Why don’t we re-cluster the original graph with higher resolution so we can do a comparison.
clust2 <- igraph::cluster_louvain(graph = igraph::as.undirected(g), resolution = 1)$membership
ggplot(dat_umap, aes(x = umap1, y = umap2, color = as.factor(clust2))) +
geom_point() +
At first glance, it looks like the mutual neighbor graph is hashing out the smaller populations better. But a lot of work still has yet to be done here.
This said, I remain skeptical because the mutual neighbor graph, when visualized, did not look great.
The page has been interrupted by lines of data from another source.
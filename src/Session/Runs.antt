-- ===== src/Session/Runs.antt =====
-- harness/session_state.py, _apply_run_transition, and the marker of a blocked run.
use dc_ness.Base.{
  ℕ, Text, codes, text_eq, Bool, true, false, not, ◌&&◌, Option, none, some, List, [], ◌∷◌,
  if◌then◌else◌, ◌==◌, mem, is_empty, is_none, keep,
}
use dc_ness.Base.Dict.{Dict, lookup, put}
use dc_ness.Session.Records.{
  Block, Pending, Slot, Deferral, Event, EventType, new_event, Ledger, events, unreadable, Step,
  Result, ok, err, ◌>>=◌, ◌>>◌, guard, Files, ledger_format, entry_point_empty, bad_lane, bad_stage,
  acceptance_not_impl, design_doc_not_impl, bad_design_doc, already_active, not_active,
  category_empty,
}

abbrev pub Runs : Type 0
Runs = Dict Text (Option Slot)

-- What a transition returns.
pub data Outcome : Type 0 where
  nothing : Outcome
  flag : Bool → Outcome
  count : ℕ → Outcome
  names : List Text → Outcome
  marker : Block → Outcome
  recorded : Event → Outcome
  step : Step → Outcome
  call : Pending → Outcome

-- The outcome, the runs where they change, and what is appended to the run's ledger.
pub record Effect : Type 0 where
  pub outcome : Outcome
  pub active : Option Runs
  pub appended : List Event

abbrev pub unchanged : Outcome → Effect
unchanged outcome = record { outcome = outcome; active = none; appended = [] }

abbrev pub writes : Text → Slot → Runs → Outcome → List Event → Effect
writes rid slot active outcome appended = record {
  outcome = outcome;
  active = some (put rid (some slot) active);
  appended = appended;
}

abbrev pub slot_of : Option (Option Slot) → Option Slot
slot_of (some (some slot)) = some slot
slot_of _ = none

-- `_active_slot(active, run_id, missing_ok=True)`
unfoldable pub find_slot : Runs → Text → Option Slot
unfolding lookup
find_slot active rid = slot_of (lookup rid active)

abbrev pub required : Option Slot → Result Slot
required none = err not_active
required (some slot) = ok slot

unfoldable pub active_slot : Runs → Text → Result Slot
unfolding find_slot
active_slot active rid = required (find_slot active rid)

pub record RunArgs : Type 0 where
  pub entry_point : Text
  pub lane : Option Text
  pub stage : Option Text
  pub design_doc : Option Text
  pub issue_num : Option Text
  pub acceptance_required : Bool

abbrev valid_lanes : List Text
valid_lanes = codes "lite" ∷ codes "standard" ∷ []

abbrev valid_design_stages : List Text
valid_design_stages = codes "design-ux" ∷ codes "design-system" ∷ []

-- A value that is given is one of these, for this entry point.
abbrev pub allowed : Option Text → List Text → Bool → Bool
allowed none values here = true
allowed (some v) values here = here && mem v values

abbrev checked_doc : Files → (is_impl : Bool) → Option Text → Result (Option Text)
checked_doc files is_impl none = ok none
checked_doc files is_impl (some doc) =
    if not is_impl
    then err design_doc_not_impl
    else elim (files.design_doc doc) [ none ↦ err bad_design_doc | some path ↦ ok (some path) ]

abbrev pub new_slot : RunArgs → Option Text → ℕ → Slot
new_slot a doc now = record {
  entry_point = a.entry_point;
  started_at = now;
  last_confirmed_at = now;
  completed_at = none;
  finalized_at = none;
  current_step = none;
  issue_num = a.issue_num;
  design_doc = doc;
  lane = a.lane;
  stage = a.stage;
  acceptance_required = a.acceptance_required;
  blocked = none;
  pending_agents = [];
  stop_block_count = [];
  journey_deferred = Deferral.absent;
}

-- The checks of `run_started`, and the path of the design document.
unfoldable pub checked_start : Files → Text → RunArgs → Runs → Result (Option Text)
unfolding lookup mem
checked_start files rid a active = do
  let is_impl = a.entry_point == codes "impl"
  guard (not (is_empty a.entry_point)) entry_point_empty
  guard (allowed a.lane valid_lanes is_impl) bad_lane
  guard (allowed a.stage valid_design_stages (a.entry_point == codes "design")) bad_stage
  guard (not (a.acceptance_required && not is_impl)) acceptance_not_impl
  doc ← checked_doc files is_impl a.design_doc
  guard (is_none (lookup rid active)) already_active
  ok doc

abbrev pub started : ℕ → Text → RunArgs → Runs → Option Text → Effect
started now rid a active doc =
    writes rid (new_slot a doc now) active Outcome.nothing
      (new_event EventType.run_started now ∷ [])

-- `run_started`
unfoldable pub start_run : Files → ℕ → Text → RunArgs → Runs → Result Effect
unfolding checked_start put
start_run files now rid a active = do
  doc ← checked_start files rid a active
  ok (started now rid a active doc)

pub record BlockArgs : Type 0 where
  pub category : Text
  pub agent : Option Text
  pub mode : Option Text
  pub provider : Option Text
  pub reason : Option Text
  pub raw_log : Option Text

abbrev new_block : BlockArgs → ℕ → Block
new_block a now = record {
  category = a.category;
  at = now;
  agent = a.agent;
  mode = a.mode;
  provider = a.provider;
  reason = a.reason;
  raw_log = a.raw_log;
}

abbrev pub block_event : BlockArgs → ℕ → Event
block_event a now = record (new_event EventType.blocked now) {
  agent = a.agent;
  mode = a.mode;
  provider = a.provider;
  category = some a.category;
  reason = a.reason;
  raw_log = a.raw_log;
}

abbrev pub blocked_effect : ℕ → Text → BlockArgs → Runs → Slot → Effect
blocked_effect now rid a active slot =
    let written = record slot { blocked = some (new_block a now); last_confirmed_at = now } in
    writes rid written active (Outcome.marker (new_block a now)) (block_event a now ∷ [])

-- `run_blocked`
unfoldable pub block_run : ℕ → Text → BlockArgs → Runs → Result Effect
unfolding active_slot put
block_run now rid a active = do
  slot ← active_slot active rid
  guard (not (is_empty a.category)) category_empty
  ok (blocked_effect now rid a active slot)

abbrev pub worker_boundary : Text
worker_boundary = codes "worker_boundary"

abbrev pub is_boundary : Option Text → Bool
is_boundary none = false
is_boundary (some category) = category == worker_boundary

abbrev pub is_step_completed : EventType → Bool
is_step_completed EventType.step_completed = true
is_step_completed _ = false

-- `ledger.read_events`: a receipt that is not valid makes the whole ledger invalid.
unfoldable pub read_events : Files → Ledger → Result (List Event)
read_events files unreadable = err ledger_format
read_events files (events es) =
    if is_empty (keep (λ e. is_step_completed e.event && not (files.receipt_is_valid e)) es)
    then ok es
    else err ledger_format

unfoldable pub read_step_completed : Files → Ledger → Result (List Event)
unfolding read_events
read_step_completed files ledger = do
  es ← read_events files ledger
  ok (keep (λ e. is_step_completed e.event) es)

pub data Verdict : Type 0 where
  open_block : Event → Verdict
  accepted silent : Verdict

abbrev pub verdict_at : EventType → Event → Verdict
verdict_at EventType.boundary_block_accepted e = accepted
verdict_at EventType.blocked e = if is_boundary e.category then open_block e else silent
verdict_at _ e = silent

abbrev pub verdict_of : Event → Verdict
verdict_of e = verdict_at e.event e

-- The loop over the reversed events.
abbrev pub or_earlier : Verdict → Verdict → Verdict
or_earlier silent earlier = earlier
or_earlier later earlier = later

unfoldable pub last_verdict : List Event → Verdict
last_verdict [] = silent
last_verdict (e ∷ es) = or_earlier (last_verdict es) (verdict_of e)

-- The category, the reason and the log of the block that holds a run.
pub record Held : Type 0 where
  pub reason : Option Text
  pub raw_log : Option Text

abbrev pub held_by_verdict : Verdict → Option Held
held_by_verdict (open_block e) = some (record { reason = e.reason; raw_log = e.raw_log })
held_by_verdict _ = none

-- An exception of the ledger's reader is passed over.
abbrev pub held_by_ledger : Result (List Event) → Option Held
held_by_ledger (err e) = none
held_by_ledger (ok es) = held_by_verdict (last_verdict es)

abbrev pub held_by_block : Option Block → Option Held → Option Held
held_by_block none other = other
held_by_block (some b) other =
    if b.category == worker_boundary
    then some (record { reason = b.reason; raw_log = b.raw_log })
    else other

abbrev pub block_in : Option Slot → Option Block
block_in none = none
block_in (some slot) = slot.blocked

-- `_run_worker_boundary_block_marker`
unfoldable pub boundary_block_marker : Files → Option Slot → Ledger → Option Held
unfolding read_events last_verdict
boundary_block_marker files slot ledger =
    held_by_block (block_in slot) (held_by_ledger (read_events files ledger))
In terms of KNN graphs, I encourage you to get your CyTOF data into an igraph KNN graph using the code I provide here. From there, you have access to all kinds of clustering tools that go beyond the standard Lovuain clustering that we see in Phenograph. Outside of clustering, through igraph you have a large swath of graph theory at your disposal. What is an example of this? Random walks on a KNN graph is what gives you trajectory detection tools like Wanderlust.
Remember that mutual nearest neighbors at default has its use in batch effect removal, so that might be one avenue for CyTOF datasets (though it didn’t work in my hands). But now hopefully you have a better understanding of what mutual nearest neighbors are, and also how to get your CyTOF data into an igraph format.